* The data *
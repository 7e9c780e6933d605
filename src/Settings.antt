-- ===== src/Settings.antt =====
-- include/settings.hpp and src/settings.cpp: the configuration and its manager.
pub mod Format
pub mod Manager
pub mod Writes
pub mod Topics
pub mod Machines
pub mod Users
pub mod Branches
pub mod Persist
pub mod View
pub mod Owners
pub mod History
pub mod Restart
pub mod Ranges
use mqtt_sentry.Base.{
  ℕ, String, Bool, true, false, Option, none, some, List, [], ◌∷◌, Assoc, ℤ, pos, ◌==◌, nat_eq,
  string_eq, if◌then◌else◌, ◌<>◌, Outcome, ok, ◌>>=◌, or_undefined, get_elem?, contains, lookup,
}
use mqtt_sentry.Utils.{split}

-- tg
pub record Tg : Type 0 where
  pub token : String
  pub users : List ℕ
  pub admins : List ℕ

-- mqtt
pub record Mqtt : Type 0 where
  pub broker : String
  pub port : ℕ
  pub client_id : String
  pub client_name : String
  pub pwd : String
  pub topic : List String

-- logic
pub record Logic : Type 0 where
  pub timeout : ℤ
  pub timeout_limit : ℕ
  pub disabled_codes : List ℕ
  pub code : Assoc ℕ String
  pub machines : Assoc String String
  pub poses : Assoc ℕ String

-- graphite
pub record Graphite : Type 0 where
  pub dns : String
  pub port : ℕ

abbrev pub default_tg : Tg
default_tg = record { token = ""; users = []; admins = [] }

abbrev pub default_mqtt : Mqtt
default_mqtt = record {
  broker = "localhost";
  port = 1883;
  client_id = "cpp_client";
  client_name = "";
  pwd = "";
  topic = "topic" ∷ [];
}

abbrev pub default_logic : Logic
default_logic = record {
  timeout = pos 60;
  timeout_limit = 3;
  disabled_codes = 0 ∷ [];
  code = (0, "FINE") ∷ (100, "WE COOKED") ∷ [];
  machines = ("B83DF67CE1D5", "Testing Machine") ∷ [];
  poses = (0, "IDLE") ∷ [];
}

-- How the next `_write` fares: the file cannot be opened, or the stream fails and leaves some text.
pub data WriteResult : Type 0 where
  written cannot_open : WriteResult
  failed : String → WriteResult

-- ConfigManager, with the contents of its file (`none`: there is no file to open) and the results
-- of the coming writes, which succeed where none is listed.
pub record ConfigManager : Type 0 where
  pub loaded : Bool
  pub tg : Tg
  pub mqtt : Mqtt
  pub logic : Logic
  pub graphite : Graphite
  pub file : Option String
  pub writes : List WriteResult

-- resolveHmiName
unfoldable pub resolve_hmi_name : ConfigManager → String → String
resolve_hmi_name cm hmi_id = elim (lookup hmi_id cm.logic.machines) [
  | some name ↦ "<code>" <> name <> "</code>"
  | none ↦ "<code>" <> hmi_id <> "</code>"
]

-- resolvePath
unfoldable pub resolve_path : ConfigManager → String → String
resolve_path cm hmi_id = elim (lookup hmi_id cm.logic.machines) [ some name ↦ name | none ↦ hmi_id ]

-- userExist
unfoldable pub user_exist : ℕ → ConfigManager → Bool
user_exist u cm = contains u cm.tg.users

-- split(topic, '/')[1]
unfoldable pub topic_id : String → Outcome String
topic_id topic = or_undefined (get_elem? (split "/" topic) 1)

-- The loop of addMachine: whether a topic is that of the machine.
unfoldable pub topic_exists : String → List String → Outcome Bool
unfolding topic_id
topic_exists mid [] = ok false
topic_exists mid (each ∷ rest) = do
  id ← topic_id each
  elim (id == mid) [ true ↦ ok true | false ↦ topic_exists mid rest ]

-- The loop of removeMachine: the topics of the other machines.
unfoldable pub other_topics : String → List String → Outcome (List String)
unfolding topic_id
other_topics mid [] = ok []
other_topics mid (each ∷ rest) = do
  id ← topic_id each
  temp ← other_topics mid rest
  ok (if id == mid then temp else each ∷ temp)

unfoldable pub machine_topic : String → String
machine_topic mid = "NordFrost/" <> mid <> "/#"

* What to do *
What you give back should be only the lines of the records above, starting at the line with "pub mod Manager" and ending at the line with "failed : String → WriteResult", restated word for word.

* Response to this exercise *
pub mod Manager
pub mod Writes
pub mod Topics
pub mod Machines
pub mod Users
pub mod Branches
pub mod Persist
pub mod View
pub mod Owners
pub mod History
pub mod Restart
pub mod Ranges
use mqtt_sentry.Base.{
  ℕ, String, Bool, true, false, Option, none, some, List, [], ◌∷◌, Assoc, ℤ, pos, ◌==◌, nat_eq,
  string_eq, if◌then◌else◌, ◌<>◌, Outcome, ok, ◌>>=◌, or_undefined, get_elem?, contains, lookup,
}
use mqtt_sentry.Utils.{split}

-- tg
pub record Tg : Type 0 where
  pub token : String
  pub users : List ℕ
  pub admins : List ℕ

-- mqtt
pub record Mqtt : Type 0 where
  pub broker : String
  pub port : ℕ
  pub client_id : String
  pub client_name : String
  pub pwd : String
  pub topic : List String

-- logic
pub record Logic : Type 0 where
  pub timeout : ℤ
  pub timeout_limit : ℕ
  pub disabled_codes : List ℕ
  pub code : Assoc ℕ String
  pub machines : Assoc String String
  pub poses : Assoc ℕ String

-- graphite
pub record Graphite : Type 0 where
  pub dns : String
  pub port : ℕ

abbrev pub default_tg : Tg
default_tg = record { token = ""; users = []; admins = [] }

abbrev pub default_mqtt : Mqtt
default_mqtt = record {
  broker = "localhost";
  port = 1883;
  client_id = "cpp_client";
  client_name = "";
  pwd = "";
  topic = "topic" ∷ [];
}

abbrev pub default_logic : Logic
default_logic = record {
  timeout = pos 60;
  timeout_limit = 3;
  disabled_codes = 0 ∷ [];
  code = (0, "FINE") ∷ (100, "WE COOKED") ∷ [];
  machines = ("B83DF67CE1D5", "Testing Machine") ∷ [];
  poses = (0, "IDLE") ∷ [];
}

-- How the next `_write` fares: the file cannot be opened, or the stream fails and leaves some text.
pub data WriteResult : Type 0 where
  written cannot_open : WriteResult
  failed : String → WriteResult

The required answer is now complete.